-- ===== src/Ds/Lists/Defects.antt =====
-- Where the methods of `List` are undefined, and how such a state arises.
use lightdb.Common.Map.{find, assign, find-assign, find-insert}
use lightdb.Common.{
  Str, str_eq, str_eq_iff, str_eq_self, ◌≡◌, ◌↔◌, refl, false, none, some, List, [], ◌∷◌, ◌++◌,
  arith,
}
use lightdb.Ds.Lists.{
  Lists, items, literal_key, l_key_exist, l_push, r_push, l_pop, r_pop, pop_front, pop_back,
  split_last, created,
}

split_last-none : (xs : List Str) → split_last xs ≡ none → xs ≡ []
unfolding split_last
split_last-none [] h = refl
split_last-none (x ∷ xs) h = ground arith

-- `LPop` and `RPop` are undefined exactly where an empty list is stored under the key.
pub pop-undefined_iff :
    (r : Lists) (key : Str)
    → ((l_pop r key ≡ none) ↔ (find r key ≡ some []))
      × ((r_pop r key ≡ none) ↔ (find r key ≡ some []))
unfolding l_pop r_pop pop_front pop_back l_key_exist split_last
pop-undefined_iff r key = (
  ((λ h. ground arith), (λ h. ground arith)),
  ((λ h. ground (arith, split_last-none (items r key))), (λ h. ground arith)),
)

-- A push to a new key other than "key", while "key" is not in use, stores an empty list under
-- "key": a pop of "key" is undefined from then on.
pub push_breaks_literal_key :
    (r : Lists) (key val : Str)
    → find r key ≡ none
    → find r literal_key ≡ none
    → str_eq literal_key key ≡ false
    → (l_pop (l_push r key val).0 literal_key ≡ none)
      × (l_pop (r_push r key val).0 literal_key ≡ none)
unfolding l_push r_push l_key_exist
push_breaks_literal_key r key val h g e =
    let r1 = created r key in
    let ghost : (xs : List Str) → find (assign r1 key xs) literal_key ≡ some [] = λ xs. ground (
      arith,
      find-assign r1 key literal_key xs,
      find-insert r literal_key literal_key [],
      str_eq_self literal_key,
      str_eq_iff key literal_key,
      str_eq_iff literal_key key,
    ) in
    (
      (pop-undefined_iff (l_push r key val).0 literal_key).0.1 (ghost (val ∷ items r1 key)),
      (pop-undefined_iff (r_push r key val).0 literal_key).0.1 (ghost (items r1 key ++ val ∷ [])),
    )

____________________

■ **Exercise**:
Write out every line of the data that holds the word "refl".

■ **Response**:
  Str, str_eq, str_eq_iff, str_eq_self, ◌≡◌, ◌↔◌, refl, false, none, some, List, [], ◌∷◌, ◌++◌,
split_last-none [] h = refl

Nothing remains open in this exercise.